What this task involves: Look below for the lines from the one with "let before = Known-others" to the one with "-- A new object is the newest.", and copy exactly those lines, both ends included.

- - -

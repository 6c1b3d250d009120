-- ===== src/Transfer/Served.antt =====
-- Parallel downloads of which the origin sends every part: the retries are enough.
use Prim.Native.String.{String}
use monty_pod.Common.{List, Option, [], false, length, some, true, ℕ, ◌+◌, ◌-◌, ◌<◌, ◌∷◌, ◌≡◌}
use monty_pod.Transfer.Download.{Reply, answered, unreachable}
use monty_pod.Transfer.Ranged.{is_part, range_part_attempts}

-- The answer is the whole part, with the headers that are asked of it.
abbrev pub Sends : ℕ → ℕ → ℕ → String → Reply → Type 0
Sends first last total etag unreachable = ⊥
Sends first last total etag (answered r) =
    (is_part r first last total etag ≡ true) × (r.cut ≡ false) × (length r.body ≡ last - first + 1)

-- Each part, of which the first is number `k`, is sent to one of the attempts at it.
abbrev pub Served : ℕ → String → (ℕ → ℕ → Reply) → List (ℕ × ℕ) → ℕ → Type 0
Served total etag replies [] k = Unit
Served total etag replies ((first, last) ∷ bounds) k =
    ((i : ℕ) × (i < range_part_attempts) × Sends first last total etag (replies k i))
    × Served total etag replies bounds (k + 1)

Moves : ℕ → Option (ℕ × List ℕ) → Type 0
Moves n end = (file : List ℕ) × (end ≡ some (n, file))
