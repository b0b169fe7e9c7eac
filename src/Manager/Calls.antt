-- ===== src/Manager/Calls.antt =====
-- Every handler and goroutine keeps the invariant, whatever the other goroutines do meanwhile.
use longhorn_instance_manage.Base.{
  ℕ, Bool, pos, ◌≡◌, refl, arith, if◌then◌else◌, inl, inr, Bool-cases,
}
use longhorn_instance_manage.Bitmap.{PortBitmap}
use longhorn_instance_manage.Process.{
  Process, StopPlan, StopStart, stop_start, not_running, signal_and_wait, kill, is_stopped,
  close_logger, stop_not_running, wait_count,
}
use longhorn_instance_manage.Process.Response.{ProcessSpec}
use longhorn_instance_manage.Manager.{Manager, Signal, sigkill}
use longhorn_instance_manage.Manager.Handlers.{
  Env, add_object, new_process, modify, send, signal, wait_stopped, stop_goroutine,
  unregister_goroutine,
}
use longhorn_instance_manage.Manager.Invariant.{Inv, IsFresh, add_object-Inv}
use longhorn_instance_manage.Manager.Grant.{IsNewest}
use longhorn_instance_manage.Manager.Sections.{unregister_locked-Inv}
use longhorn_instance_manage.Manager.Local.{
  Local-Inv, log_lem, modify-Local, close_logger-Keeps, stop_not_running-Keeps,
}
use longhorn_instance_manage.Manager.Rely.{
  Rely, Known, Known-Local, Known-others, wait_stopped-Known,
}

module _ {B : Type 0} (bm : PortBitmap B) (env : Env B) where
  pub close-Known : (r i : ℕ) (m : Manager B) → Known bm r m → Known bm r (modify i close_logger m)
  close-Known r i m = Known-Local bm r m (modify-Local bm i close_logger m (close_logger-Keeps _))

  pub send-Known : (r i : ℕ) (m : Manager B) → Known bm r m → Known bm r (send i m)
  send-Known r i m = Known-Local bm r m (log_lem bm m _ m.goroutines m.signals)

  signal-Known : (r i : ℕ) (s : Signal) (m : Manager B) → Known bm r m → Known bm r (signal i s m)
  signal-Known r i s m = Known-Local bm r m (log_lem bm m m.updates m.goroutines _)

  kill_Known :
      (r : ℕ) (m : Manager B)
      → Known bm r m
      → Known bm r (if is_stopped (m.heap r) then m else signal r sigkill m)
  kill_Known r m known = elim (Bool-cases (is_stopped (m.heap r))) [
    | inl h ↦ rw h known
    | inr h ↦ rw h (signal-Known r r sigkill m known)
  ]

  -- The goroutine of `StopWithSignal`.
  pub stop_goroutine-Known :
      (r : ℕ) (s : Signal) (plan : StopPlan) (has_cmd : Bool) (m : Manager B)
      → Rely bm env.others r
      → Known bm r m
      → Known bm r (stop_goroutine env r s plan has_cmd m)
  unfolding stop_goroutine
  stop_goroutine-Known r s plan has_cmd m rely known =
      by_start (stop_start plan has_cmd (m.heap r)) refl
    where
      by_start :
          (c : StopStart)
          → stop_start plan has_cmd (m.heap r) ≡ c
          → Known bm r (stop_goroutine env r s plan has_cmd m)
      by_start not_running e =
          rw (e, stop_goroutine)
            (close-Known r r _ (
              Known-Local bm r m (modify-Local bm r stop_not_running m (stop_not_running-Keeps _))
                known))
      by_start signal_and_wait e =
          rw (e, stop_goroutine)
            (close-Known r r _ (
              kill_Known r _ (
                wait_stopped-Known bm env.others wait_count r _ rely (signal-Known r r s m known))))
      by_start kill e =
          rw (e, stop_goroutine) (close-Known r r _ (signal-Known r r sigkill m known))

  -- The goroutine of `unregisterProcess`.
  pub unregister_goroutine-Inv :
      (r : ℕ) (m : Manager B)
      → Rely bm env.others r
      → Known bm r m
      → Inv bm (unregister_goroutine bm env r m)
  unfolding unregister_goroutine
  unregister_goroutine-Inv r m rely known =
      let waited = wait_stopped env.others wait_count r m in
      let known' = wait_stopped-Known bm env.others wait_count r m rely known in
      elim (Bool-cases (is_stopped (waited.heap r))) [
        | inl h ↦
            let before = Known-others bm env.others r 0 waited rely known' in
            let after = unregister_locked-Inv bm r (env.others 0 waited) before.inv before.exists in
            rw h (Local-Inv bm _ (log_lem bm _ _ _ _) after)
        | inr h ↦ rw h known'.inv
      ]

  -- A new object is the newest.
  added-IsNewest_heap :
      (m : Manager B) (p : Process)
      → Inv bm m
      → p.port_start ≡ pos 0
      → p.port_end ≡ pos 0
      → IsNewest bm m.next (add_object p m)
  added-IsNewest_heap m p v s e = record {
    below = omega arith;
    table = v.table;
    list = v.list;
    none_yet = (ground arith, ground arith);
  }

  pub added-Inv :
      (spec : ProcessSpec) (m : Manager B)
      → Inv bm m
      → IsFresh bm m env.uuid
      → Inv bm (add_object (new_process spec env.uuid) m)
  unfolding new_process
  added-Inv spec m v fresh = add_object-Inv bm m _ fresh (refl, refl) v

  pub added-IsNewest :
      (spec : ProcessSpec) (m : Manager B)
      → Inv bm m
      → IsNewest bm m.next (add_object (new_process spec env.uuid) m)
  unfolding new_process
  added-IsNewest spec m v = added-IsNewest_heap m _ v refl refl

- - -

Task response:
            let before = Known-others bm env.others r 0 waited rely known' in
            let after = unregister_locked-Inv bm r (env.others 0 waited) before.inv before.exists in
            rw h (Local-Inv bm _ (log_lem bm _ _ _ _) after)
        | inr h ↦ rw h known'.inv
      ]

  -- A new object is the newest.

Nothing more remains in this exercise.